Use Budget for financial control. Use Quota for operational control (e.g., rate limiting a specific app).


Edit a Team Budget

  1. Go to Teams.
  2. Open the Team by clicking on its ID or Edit team action.
  3. Go to the Settings tab.
  4. Click on Edit Settings button.
  5. Set:
    • Max Budget (USD): hard limit — requests are blocked once reached.
    • Soft Budget (USD): soft limit — trigger alerting emails
    • Soft Budget Alerting emails: set a comma separated list of alert recipients for team budget
    • Team Member Budget (USD): Set a budget per team member.
    • Reset budget: daily, weekly, or monthly reset period.
  6. Click Save Changes.
Email Integration Required

Team soft budget alerts are sent via email. An active email integration (SendGrid, Resend, or SMTP) must be configured on Dedicated Gateway instance for alerts to be delivered.

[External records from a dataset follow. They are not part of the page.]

-- ===== src/Crc/Tests.antt =====
-- The check value of CRC-32, and the theorems of 9-crc32/main.c at small files.
use Prim.Native.Nat.{bit_xor}
use otus_c.Common.{ℕ, ◌-◌, ◌^◌, ◌≡◌, ◌≢◌, refl, List, [], ◌∷◌, true, some, arith}
use otus_c.Crc.{System, crc32_bitwise, crc32_bytes, main, printed}
use otus_c.Crc.Poly.{divide_times, crc32_bitwise-divide}
use otus_c.Crc.Chunks.{main-printed, main_tells_change}

abbrev digits : List ℕ
digits = 0x31 ∷ 0x32 ∷ 0x33 ∷ 0x34 ∷ 0x35 ∷ 0x36 ∷ 0x37 ∷ 0x38 ∷ 0x39 ∷ []

abbrev linux : List ℕ → System
linux file = record { contents = some file; stats = true; page_size = 4096; maps = λ o l. true }

check_value : main (linux digits) 2 ≡ printed 0xCBF43926
unfolding main
check_value = refl

crc32_bitwise-divide_example :
    crc32_bitwise 0xFFFFFFFF 0xC3 ≡ divide_times 8 (bit_xor 0xFFFFFFFF 0xC3)
crc32_bitwise-divide_example = crc32_bitwise-divide 0xFFFFFFFF 0xC3 (omega arith)

main-printed_example : main (linux digits) 2 ≡ printed (2 ^ 32 - 1 - crc32_bytes 0xFFFFFFFF digits)
main-printed_example = main-printed (linux digits) digits refl refl (omega arith) (λ o l. refl)

main_tells_change_example : main (linux (1 ∷ 2 ∷ 3 ∷ [])) 2 ≢ main (linux (1 ∷ 130 ∷ 3 ∷ [])) 2
main_tells_change_example =
    main_tells_change (linux (1 ∷ 2 ∷ 3 ∷ [])) (linux (1 ∷ 130 ∷ 3 ∷ [])) 2 130 (1 ∷ []) (3 ∷ [])
      (omega arith) (omega arith) (omega arith) (omega arith) (omega arith) refl refl (refl, refl)
      (omega arith, omega arith) (λ o l. refl) (λ o l. refl)
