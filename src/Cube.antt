-- ===== src/Cube.antt =====
-- 16-cube/main.c: a cube with a picture on its faces that turns, drawn by OpenGL in callbacks of
-- GLUT.
--
-- A function is the list of the calls that it makes, in order, and what it leaves in the global
-- variables. What stb_image and OpenGL answer, and the callbacks that GLUT makes, are arguments.
-- `angle` is counted in halves of a degree: it is only ever added 1.5 to.
pub mod Faces
pub mod Frames
pub mod Angle
pub mod Upload
mod Tests
use otus_c.Common.{ℕ, zero, suc, ◌+◌, ◌*◌, ◌/◌, ◌%◌, ◌^◌, Bool, true, false, Option, none, some}
use otus_c.Common.{List, [], ◌∷◌, ◌++◌, ltb, ◌==◌, if◌then◌else◌}

-- -1.0f and 1.0f
pub data Side : Type 0 where
  low high : Side

pub data Axis : Type 0 where
  x_axis y_axis : Axis

pub data Mode : Type 0 where
  projection_mode modelview_mode : Mode

pub data Format : Type 0 where
  rgb rgba : Format

-- The second argument of `gluPerspective`: `(float)w / (float)h`, or 1.33.
pub data Aspect : Type 0 where
  of_window : ℕ → ℕ → Aspect
  fixed : Aspect

-- A call of OpenGL, GLU, GLUT or stb_image. `translate_back n` is `glTranslatef(0, 0, -n)`; the
-- angle of `rotate` is in halves of a degree, that of `perspective` in degrees, and its planes are
-- 1 and 10. `gen_texture` has the name that `glGenTextures` answers.
pub data Call : Type 0 where
  clear load_identity enable_texture disable_texture enable_depth_test : Call
  color_white begin_quads end_quads swap_buffers post_redisplay : Call
  set_flip free_image glut_init init_display_mode create_window : Call
  reshape_func display_func keyboard_func main_loop exit : Call
  load_image : Bool → Call
  min_linear mag_linear : Call
  gen_texture bind_texture : ℕ → Call
  tex_image : Format → ℕ → ℕ → Call
  init_window_size viewport : ℕ → ℕ → Call
  timer_func : ℕ → Call
  matrix_mode : Mode → Call
  translate_back : ℕ → Call
  rotate : ℕ → Axis → Call
  perspective : ℕ → Aspect → Call
  tex_coord : ℕ → ℕ → Call
  vertex : Side → Side → Side → Call

-- What `stbi_load` tells of a picture.
pub record Image : Type 0 where
  pub width : ℕ
  pub height : ℕ
  pub channels : ℕ

pub format : ℕ → Format
format channels = if channels == 4 then rgba else rgb

-- `loadTexture`, where `name` is what `glGenTextures` answers.
pub load_texture : Option Image → ℕ → List Call
unfolding format
load_texture none name = set_flip ∷ load_image false ∷ []
load_texture (some i) name =
    set_flip
    ∷ load_image true
    ∷ gen_texture name
    ∷ bind_texture name
    ∷ min_linear
    ∷ mag_linear
    ∷ tex_image (format i.channels) i.width i.height
    ∷ free_image
    ∷ []

-- `texture` behind `loadTexture`.
abbrev pub texture_of : Option Image → ℕ → ℕ
texture_of none name = 0
texture_of (some i) name = name

-- `reshape`; the sizes are bit patterns.
pub reshape : ℕ → ℕ → List Call
reshape w h =
    let h' = if h == 0 then 1 else h in
    viewport w h'
    ∷ matrix_mode projection_mode
    ∷ load_identity
    ∷ perspective 40 (of_window w h')
    ∷ matrix_mode modelview_mode
    ∷ []

-- A corner of a face: the place in the picture, and that on the screen.
abbrev pub corner : ℕ → ℕ → Side → Side → Side → List Call → List Call
corner s t x y z rest = tex_coord s t ∷ vertex x y z ∷ rest

abbrev pub front_back : List Call → List Call
front_back rest = corner 0 0 low low high (
    corner 1 0 high low high (
      corner 1 1 high high high (
        corner 0 1 low high high (
          corner 1 0 low low low
            (corner 1 1 low high low (corner 0 1 high high low (corner 0 0 high low low rest)))))))

abbrev pub top_bottom : List Call → List Call
top_bottom rest = corner 0 1 low high low (
    corner 0 0 low high high (
      corner 1 0 high high high (
        corner 1 1 high high low (
          corner 1 1 low low low
            (corner 0 1 high low low (corner 0 0 high low high (corner 1 0 low low high rest)))))))

abbrev pub left_right : List Call → List Call
left_right rest = corner 0 0 low low low (
    corner 1 0 low low high (
      corner 1 1 low high high (
        corner 0 1 low high low (
          corner 1 0 high low low (
            corner 1 1 high high low
              (corner 0 1 high high high (corner 0 0 high low high rest)))))))

-- `display`
pub display : ℕ → ℕ → List Call
display angle texture =
    clear
    ∷ load_identity
    ∷ translate_back 5
    ∷ rotate 60 x_axis
    ∷ rotate angle y_axis
    ∷ enable_texture
    ∷ bind_texture texture
    ∷ color_white
    ∷ begin_quads
    ∷ front_back (top_bottom (left_right (end_quads ∷ disable_texture ∷ swap_buffers ∷ [])))

-- The distance of neighbouring floats, of 24 bits, at `n` halves, for n < 2 ^ 27.
abbrev pub spacing : ℕ → ℕ
spacing n =
    if ltb n (2 ^ 24) then 1 else if ltb n (2 ^ 25) then 2 else if ltb n (2 ^ 26) then 4 else 8

-- `n` halves as a `float`: the nearest multiple of the spacing, of two the even one.
abbrev pub to_float : ℕ → ℕ
to_float n =
    let s = spacing n in
    let down = n / s * s in
    if ltb (2 * (n % s)) s
    then down
    else if ltb s (2 * (n % s))
    then down + s
    else if n / s % 2 == 0
    then down
    else down + s

-- `angle += 1.5f`
pub turn : ℕ → ℕ
turn angle = to_float (angle + 3)

-- The calls of `timer`.
abbrev pub timer : List Call
timer = post_redisplay ∷ timer_func 16 ∷ []

-- `processKeyStroke`
abbrev pub process_key_stroke : ℕ → List Call
process_key_stroke key = if key == 27 then exit ∷ [] else []

-- What GLUT calls.
pub data Event : Type 0 where
  reshapes : ℕ → ℕ → Event
  displays ticks : Event
  strikes : ℕ → Event

-- The calls in `glutMainLoop`; the program ends with `exit`.
pub callbacks : ℕ → ℕ → List Event → List Call
unfolding reshape display turn
callbacks angle texture [] = []
callbacks angle texture (reshapes w h ∷ es) = reshape w h ++ callbacks angle texture es
callbacks angle texture (displays ∷ es) = display angle texture ++ callbacks angle texture es
callbacks angle texture (ticks ∷ es) = timer ++ callbacks (turn angle) texture es
callbacks angle texture (strikes key ∷ es) =
    let rest = callbacks angle texture es in
    process_key_stroke key ++ (if key == 27 then [] else rest)

-- `main`
pub main : Option Image → ℕ → List Event → List Call
unfolding load_texture callbacks
main image name es =
    glut_init
    ∷ init_display_mode
    ∷ init_window_size 800 600
    ∷ create_window
    ∷ reshape_func
    ∷ enable_depth_test
    ∷ (load_texture image name
        ++ (matrix_mode projection_mode
            ∷ perspective 45 fixed
            ∷ matrix_mode modelview_mode
            ∷ display_func
            ∷ timer_func 0
            ∷ keyboard_func
            ∷ main_loop
            ∷ callbacks 0 (texture_of image name) es))
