-- ===== src/Cube/Angle.antt =====
-- `angle` of 16-cube/main.c, a `float` that every tick adds 1.5 to.
use otus_c.Common.{ℕ, zero, suc, ◌+◌, ◌*◌, ◌%◌, ◌^◌, ◌<◌, ◌≤◌, ◌≡◌, refl, sym, subst, ap, ◌∙◌, ◌⊎◌}
use otus_c.Common.{inl, inr, arith, ltb, lt→ltb, ltb→le, ltb→lt, Bool-cases}
use otus_c.Cube.{turn}

-- The angle after some ticks, in halves of a degree.
unfoldable pub angle_after : ℕ → ℕ
unfolding turn
angle_after zero = 0
angle_after (suc n) = turn (angle_after n)

-- A `float` up to 2 ^ 26 halves: a multiple of the spacing.
record IsAngle (v : ℕ) : Type 0 where
  most : v ≤ 2 ^ 26
  even : (v < 2 ^ 24) ⊎ (v % 2 ≡ 0)
  fourth : (v < 2 ^ 25) ⊎ (v % 4 ≡ 0)

turn_exact : (v : ℕ) → v + 3 < 2 ^ 24 → turn v ≡ v + 3
unfolding turn
turn_exact v h = rw (lt→ltb (v + 3) (2 ^ 24) h) (ground arith)

turn_last : turn (2 ^ 26) ≡ 2 ^ 26
unfolding turn
turn_last = refl

-- From 2 ^ 24 halves on, floats are even; from 2 ^ 25 on, they are multiples of 4.
turn_even :
    (v : ℕ)
    → 2 ^ 24 ≤ v + 3
    → v + 3 < 2 ^ 25
    → (v < 2 ^ 24) ⊎ (v % 2 ≡ 0)
    → (v + 2 ≤ turn v) × (turn v ≤ v + 4) × (turn v % 2 ≡ 0)
unfolding turn
turn_even v l h e = (ground arith, ground arith, ground arith)

turn_fourth :
    (v : ℕ)
    → 2 ^ 25 ≤ v + 3
    → v + 3 < 2 ^ 26
    → v % 2 ≡ 0
    → (v < 2 ^ 25) ⊎ (v % 4 ≡ 0)
    → (v + 2 ≤ turn v) × (turn v ≤ v + 4) × (turn v % 4 ≡ 0)
unfolding turn
turn_fourth v l h e f = (ground arith, ground arith, ground arith)

below_last : (v : ℕ) → v < 2 ^ 26 → (v < 2 ^ 25) ⊎ (v % 4 ≡ 0) → v + 3 < 2 ^ 26
below_last v h f = ground arith

turn-IsAngle : (v : ℕ) → IsAngle v → v < 2 ^ 26 → IsAngle (turn v) × (v + 2 ≤ turn v)
turn-IsAngle v a h = elim (Bool-cases (ltb (v + 3) (2 ^ 24))) [
  | inl s ↦
      let e = turn_exact v (ltb→lt (v + 3) (2 ^ 24) s) in
      (
        record {
          most = omega (arith, ltb→lt (v + 3) (2 ^ 24) s);
          even = inl (omega (arith, ltb→lt (v + 3) (2 ^ 24) s));
          fourth = inl (omega (arith, ltb→lt (v + 3) (2 ^ 24) s));
        },
        omega arith,
      )
  | inr b ↦ elim (Bool-cases (ltb (v + 3) (2 ^ 25))) [
    | inl s ↦
        let t = turn_even v (ltb→le (v + 3) (2 ^ 24) b) (ltb→lt (v + 3) (2 ^ 25) s) a.even in
        (
          record {
            most = omega (arith, t.1, ltb→lt (v + 3) (2 ^ 25) s);
            even = inr t.2;
            fourth = ground (arith, t.0, t.1, t.2, ltb→lt (v + 3) (2 ^ 25) s, a.even);
          },
          t.0,
        )
    | inr c ↦
        let t =
          turn_fourth v (ltb→le (v + 3) (2 ^ 25) c) (below_last v h a.fourth)
            (ground (arith, a.even, ltb→le (v + 3) (2 ^ 25) c)) a.fourth in
        (
          record {
            most = omega (arith, t.1, below_last v h a.fourth);
            even = inr (omega (arith, t.2));
            fourth = inr t.2;
          },
          t.0,
        )
  ]
]

-- Each tick turns the cube by at least a degree until the angle is 2 ^ 26 halves of a degree.
grows : (n : ℕ) → IsAngle (angle_after n) × ((2 * n ≤ angle_after n) ⊎ (angle_after n ≡ 2 ^ 26))
unfolding angle_after
grows zero = (record { most = omega arith; even = inr refl; fourth = inr refl }, inl (omega arith))
grows (suc n) =
    let (a, g) = grows n in
    elim (Bool-cases (ltb (angle_after n) (2 ^ 26))) [
      | inl s ↦
          let (b, m) = turn-IsAngle (angle_after n) a (ltb→lt (angle_after n) (2 ^ 26) s) in
          (b, inl (ground (arith, g, m, ltb→lt (angle_after n) (2 ^ 26) s)))
      | inr s ↦
          let e : angle_after n ≡ 2 ^ 26 =
            omega (arith, a.most, ltb→le (angle_after n) (2 ^ 26) s) in
          let f : turn (angle_after n) ≡ 2 ^ 26 = ap turn e ∙ turn_last in
          (subst IsAngle (sym (f ∙ sym e)) a, inr f)
    ]

angle_early : (n : ℕ) → 3 * n < 2 ^ 24 → angle_after n ≡ 3 * n
unfolding angle_after
angle_early zero h = refl
angle_early (suc n) h =
    let e : angle_after n ≡ 3 * n = angle_early n (omega arith) in
    ap turn e ∙ (turn_exact (3 * n) (omega arith) ∙ omega arith)

-- The angle never exceeds 2 ^ 26 halves of a degree. It is exact, 1.5 degrees for each tick, while
-- that is below 2 ^ 24 halves; 2 ^ 25 ticks and later it stands still at 2 ^ 26 halves.
pub angle_after-stops :
    (n m k : ℕ)
    → 3 * n < 2 ^ 24
    → 2 ^ 25 ≤ m
    → (angle_after n ≡ 3 * n) × (angle_after m ≡ 2 ^ 26) × (angle_after k ≤ 2 ^ 26)
angle_after-stops n m k h l =
    (angle_early n h, ground (arith, (grows m).1, (grows m).0.most), (grows k).0.most)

This can be done by our IG1 AI Professional Service Team on demand.

Ask IG1 Team through Support for more details.


Edit a Virtual Key Budget

  1. Go to Virtual Keys.
  2. Open the target key.
  3. Go to the Settings tab.
  4. Click on Edit Settings button.
  5. Set:
    • Max Budget (USD): hard limit — requests are blocked once reached.
    • Reset budget: daily, weekly, or monthly reset period.
  6. Click Save Changes.
note

Key-level budgets are additive with team budgets. A key cannot exceed its own limit even if the team budget has remaining capacity.


Set Token Quotas

  1. Open a Team or Virtual Key.
  2. Go to the Settings tab.
  3. Click on Edit Settings button..
  4. Set:
    • Requests per Minute (RPM)
    • Tokens per Minute (TPM)

What happens when a limit is reached?

Limit typeBehavior
Budget exceeded429 - Budget exceeded
RPM exceeded429 - Rate limit exceeded
TPM exceeded429 - Rate limit exceeded

Always handle 429 errors in your application with exponential backoff.